Once you find the line with "elim (Bool-cases (s.secure_snapshot_fingerprint" in the entries below, return exactly every line from it through the line with "-- Once a snapshot".
-- Opening Marker --
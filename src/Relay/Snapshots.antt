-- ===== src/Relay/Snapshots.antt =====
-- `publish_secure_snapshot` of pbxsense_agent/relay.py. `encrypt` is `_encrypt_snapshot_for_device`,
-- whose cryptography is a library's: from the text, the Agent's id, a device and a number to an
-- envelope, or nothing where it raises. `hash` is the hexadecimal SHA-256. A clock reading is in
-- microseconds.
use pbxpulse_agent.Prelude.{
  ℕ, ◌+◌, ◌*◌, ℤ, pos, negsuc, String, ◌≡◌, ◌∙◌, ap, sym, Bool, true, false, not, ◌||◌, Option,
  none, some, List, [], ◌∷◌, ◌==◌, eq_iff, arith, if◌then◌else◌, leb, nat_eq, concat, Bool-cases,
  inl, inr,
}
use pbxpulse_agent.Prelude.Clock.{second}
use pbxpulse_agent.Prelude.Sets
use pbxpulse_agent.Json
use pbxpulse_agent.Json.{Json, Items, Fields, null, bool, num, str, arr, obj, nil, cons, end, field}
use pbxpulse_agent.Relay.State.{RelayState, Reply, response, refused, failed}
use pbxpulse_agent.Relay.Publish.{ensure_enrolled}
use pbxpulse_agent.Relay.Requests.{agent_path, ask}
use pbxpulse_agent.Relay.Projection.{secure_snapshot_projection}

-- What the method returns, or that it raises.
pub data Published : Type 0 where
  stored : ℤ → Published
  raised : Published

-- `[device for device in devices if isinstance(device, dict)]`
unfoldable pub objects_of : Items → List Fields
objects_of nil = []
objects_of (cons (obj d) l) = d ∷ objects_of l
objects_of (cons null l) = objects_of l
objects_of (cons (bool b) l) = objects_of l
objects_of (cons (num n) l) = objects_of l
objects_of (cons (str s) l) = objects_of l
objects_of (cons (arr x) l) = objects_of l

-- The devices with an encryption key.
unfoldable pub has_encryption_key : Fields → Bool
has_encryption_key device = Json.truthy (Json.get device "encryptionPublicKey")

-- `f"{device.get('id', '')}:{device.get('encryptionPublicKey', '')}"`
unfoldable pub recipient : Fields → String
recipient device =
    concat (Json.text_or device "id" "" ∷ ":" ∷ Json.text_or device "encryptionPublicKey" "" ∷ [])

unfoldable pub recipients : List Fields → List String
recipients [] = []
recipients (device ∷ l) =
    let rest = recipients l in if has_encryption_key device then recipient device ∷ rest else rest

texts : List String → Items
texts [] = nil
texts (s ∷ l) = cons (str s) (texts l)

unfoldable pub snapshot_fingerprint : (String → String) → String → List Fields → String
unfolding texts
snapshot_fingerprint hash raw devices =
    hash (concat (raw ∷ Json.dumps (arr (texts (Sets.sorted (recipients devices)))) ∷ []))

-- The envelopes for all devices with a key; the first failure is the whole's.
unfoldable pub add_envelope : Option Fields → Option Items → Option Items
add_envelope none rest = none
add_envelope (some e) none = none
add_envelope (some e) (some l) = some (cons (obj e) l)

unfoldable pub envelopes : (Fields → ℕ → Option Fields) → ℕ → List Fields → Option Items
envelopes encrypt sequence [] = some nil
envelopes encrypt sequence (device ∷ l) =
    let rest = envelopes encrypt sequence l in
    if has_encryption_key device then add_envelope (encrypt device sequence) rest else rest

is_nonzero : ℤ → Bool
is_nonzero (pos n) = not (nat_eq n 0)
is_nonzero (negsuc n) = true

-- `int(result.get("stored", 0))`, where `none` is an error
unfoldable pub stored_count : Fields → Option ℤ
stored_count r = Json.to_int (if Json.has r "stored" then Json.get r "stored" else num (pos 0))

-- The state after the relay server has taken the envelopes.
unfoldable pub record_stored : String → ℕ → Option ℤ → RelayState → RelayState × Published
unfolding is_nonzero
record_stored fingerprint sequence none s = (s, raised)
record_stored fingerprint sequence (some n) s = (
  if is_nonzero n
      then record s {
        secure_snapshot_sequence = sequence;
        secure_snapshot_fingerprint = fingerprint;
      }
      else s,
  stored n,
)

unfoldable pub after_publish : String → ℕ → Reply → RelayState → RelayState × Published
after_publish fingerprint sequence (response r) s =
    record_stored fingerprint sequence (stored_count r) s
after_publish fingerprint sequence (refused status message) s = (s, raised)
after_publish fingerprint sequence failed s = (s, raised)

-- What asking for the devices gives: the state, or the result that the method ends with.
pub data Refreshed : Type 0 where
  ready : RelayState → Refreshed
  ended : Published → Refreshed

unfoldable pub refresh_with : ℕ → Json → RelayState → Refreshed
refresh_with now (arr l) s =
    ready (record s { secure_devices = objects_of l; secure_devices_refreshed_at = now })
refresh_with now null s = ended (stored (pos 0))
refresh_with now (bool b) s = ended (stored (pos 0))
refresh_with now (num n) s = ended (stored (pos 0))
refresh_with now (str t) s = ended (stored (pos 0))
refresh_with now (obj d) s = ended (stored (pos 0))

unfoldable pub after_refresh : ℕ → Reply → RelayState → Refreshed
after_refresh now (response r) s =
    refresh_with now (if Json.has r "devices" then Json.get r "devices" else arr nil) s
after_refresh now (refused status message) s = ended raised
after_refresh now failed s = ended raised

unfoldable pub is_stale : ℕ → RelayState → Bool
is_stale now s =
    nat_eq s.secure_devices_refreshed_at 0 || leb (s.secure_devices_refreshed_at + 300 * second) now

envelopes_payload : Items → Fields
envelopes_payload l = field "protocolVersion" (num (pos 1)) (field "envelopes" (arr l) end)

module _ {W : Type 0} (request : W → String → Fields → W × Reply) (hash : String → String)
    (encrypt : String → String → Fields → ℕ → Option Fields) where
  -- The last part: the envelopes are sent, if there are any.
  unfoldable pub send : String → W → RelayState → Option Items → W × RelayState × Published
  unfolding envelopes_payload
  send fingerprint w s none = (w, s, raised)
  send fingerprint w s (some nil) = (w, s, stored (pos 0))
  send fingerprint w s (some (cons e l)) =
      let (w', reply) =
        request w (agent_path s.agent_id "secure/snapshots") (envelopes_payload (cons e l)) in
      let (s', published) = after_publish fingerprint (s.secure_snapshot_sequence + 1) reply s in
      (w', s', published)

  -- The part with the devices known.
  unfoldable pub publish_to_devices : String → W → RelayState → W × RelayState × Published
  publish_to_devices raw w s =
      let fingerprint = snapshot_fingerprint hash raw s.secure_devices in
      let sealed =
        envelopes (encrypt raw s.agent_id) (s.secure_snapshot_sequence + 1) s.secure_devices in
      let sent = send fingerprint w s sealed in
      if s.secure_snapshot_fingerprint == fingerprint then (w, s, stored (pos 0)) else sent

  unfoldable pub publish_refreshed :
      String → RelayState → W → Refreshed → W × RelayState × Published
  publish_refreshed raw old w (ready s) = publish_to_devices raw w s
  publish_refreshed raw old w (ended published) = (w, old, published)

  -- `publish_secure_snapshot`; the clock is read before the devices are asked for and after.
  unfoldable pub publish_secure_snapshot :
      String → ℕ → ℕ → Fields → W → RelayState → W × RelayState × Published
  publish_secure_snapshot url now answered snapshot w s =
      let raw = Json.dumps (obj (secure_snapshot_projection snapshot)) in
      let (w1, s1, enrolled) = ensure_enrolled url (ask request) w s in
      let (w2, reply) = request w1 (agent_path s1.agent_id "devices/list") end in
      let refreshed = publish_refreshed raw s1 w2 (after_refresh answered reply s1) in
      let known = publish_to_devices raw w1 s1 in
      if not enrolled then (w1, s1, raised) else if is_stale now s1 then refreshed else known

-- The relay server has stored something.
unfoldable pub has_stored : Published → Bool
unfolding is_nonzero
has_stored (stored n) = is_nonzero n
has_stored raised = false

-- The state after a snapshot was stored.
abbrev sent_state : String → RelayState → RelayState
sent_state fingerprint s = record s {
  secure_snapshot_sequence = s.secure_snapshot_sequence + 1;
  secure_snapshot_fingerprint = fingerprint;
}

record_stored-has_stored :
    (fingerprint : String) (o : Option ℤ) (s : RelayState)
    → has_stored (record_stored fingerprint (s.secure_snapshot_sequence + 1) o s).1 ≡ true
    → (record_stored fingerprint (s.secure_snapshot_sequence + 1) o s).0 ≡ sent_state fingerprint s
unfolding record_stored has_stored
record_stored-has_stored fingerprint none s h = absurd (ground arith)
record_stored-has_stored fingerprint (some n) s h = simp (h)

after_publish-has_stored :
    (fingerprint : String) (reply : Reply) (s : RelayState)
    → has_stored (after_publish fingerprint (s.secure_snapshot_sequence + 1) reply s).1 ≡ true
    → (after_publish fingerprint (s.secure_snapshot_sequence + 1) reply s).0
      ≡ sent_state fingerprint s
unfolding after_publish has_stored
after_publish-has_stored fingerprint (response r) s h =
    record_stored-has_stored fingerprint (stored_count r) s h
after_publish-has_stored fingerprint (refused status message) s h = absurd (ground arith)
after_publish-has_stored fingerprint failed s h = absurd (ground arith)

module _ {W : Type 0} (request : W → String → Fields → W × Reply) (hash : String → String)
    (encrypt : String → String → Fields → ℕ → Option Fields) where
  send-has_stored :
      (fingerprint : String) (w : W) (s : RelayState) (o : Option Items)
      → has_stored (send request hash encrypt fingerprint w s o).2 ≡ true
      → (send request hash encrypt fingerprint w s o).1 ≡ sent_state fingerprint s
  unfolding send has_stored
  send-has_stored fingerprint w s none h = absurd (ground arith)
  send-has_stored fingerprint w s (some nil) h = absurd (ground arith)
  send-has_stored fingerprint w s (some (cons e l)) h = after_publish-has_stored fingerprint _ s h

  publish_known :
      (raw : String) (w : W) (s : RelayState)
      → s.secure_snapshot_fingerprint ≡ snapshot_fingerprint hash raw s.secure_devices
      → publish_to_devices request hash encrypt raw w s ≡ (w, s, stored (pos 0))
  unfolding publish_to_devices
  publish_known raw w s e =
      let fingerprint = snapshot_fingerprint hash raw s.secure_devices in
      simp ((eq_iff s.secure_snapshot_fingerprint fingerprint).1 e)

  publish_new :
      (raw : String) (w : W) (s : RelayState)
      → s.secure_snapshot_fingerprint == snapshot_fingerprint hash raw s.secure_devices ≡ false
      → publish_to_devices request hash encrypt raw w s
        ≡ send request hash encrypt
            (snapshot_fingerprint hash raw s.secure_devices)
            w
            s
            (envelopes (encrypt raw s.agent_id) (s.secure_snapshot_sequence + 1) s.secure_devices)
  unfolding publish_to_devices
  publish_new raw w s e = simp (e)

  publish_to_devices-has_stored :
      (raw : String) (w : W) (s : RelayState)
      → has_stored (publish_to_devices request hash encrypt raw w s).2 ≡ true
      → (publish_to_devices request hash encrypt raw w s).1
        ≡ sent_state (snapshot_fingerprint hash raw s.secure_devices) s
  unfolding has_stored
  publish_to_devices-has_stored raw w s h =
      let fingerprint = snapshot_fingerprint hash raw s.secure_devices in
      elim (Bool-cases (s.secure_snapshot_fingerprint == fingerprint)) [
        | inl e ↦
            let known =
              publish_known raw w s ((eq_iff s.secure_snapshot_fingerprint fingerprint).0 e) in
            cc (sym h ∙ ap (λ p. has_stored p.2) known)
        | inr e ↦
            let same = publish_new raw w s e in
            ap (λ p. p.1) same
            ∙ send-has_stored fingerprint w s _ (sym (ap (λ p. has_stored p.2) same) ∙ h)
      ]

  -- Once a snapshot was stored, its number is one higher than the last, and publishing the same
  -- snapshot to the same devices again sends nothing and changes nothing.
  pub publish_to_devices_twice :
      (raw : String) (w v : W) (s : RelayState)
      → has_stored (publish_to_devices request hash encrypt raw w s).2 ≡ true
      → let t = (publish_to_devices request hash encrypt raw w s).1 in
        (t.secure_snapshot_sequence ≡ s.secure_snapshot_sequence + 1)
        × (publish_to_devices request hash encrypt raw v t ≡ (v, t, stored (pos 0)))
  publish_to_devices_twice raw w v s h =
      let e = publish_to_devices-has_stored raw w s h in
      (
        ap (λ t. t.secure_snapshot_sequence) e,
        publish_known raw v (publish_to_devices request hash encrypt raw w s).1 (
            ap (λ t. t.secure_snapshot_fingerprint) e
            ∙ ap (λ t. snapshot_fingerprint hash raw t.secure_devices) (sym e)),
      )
-- Closing Marker --
(ANSWER FOR THE TASK):
      elim (Bool-cases (s.secure_snapshot_fingerprint == fingerprint)) [
        | inl e ↦
            let known =
              publish_known raw w s ((eq_iff s.secure_snapshot_fingerprint fingerprint).0 e) in
            cc (sym h ∙ ap (λ p. has_stored p.2) known)
        | inr e ↦
            let same = publish_new raw w s e in
            ap (λ p. p.1) same
            ∙ send-has_stored fingerprint w s _ (sym (ap (λ p. has_stored p.2) same) ∙ h)
      ]

  -- Once a snapshot was stored, its number is one higher than the last, and publishing the same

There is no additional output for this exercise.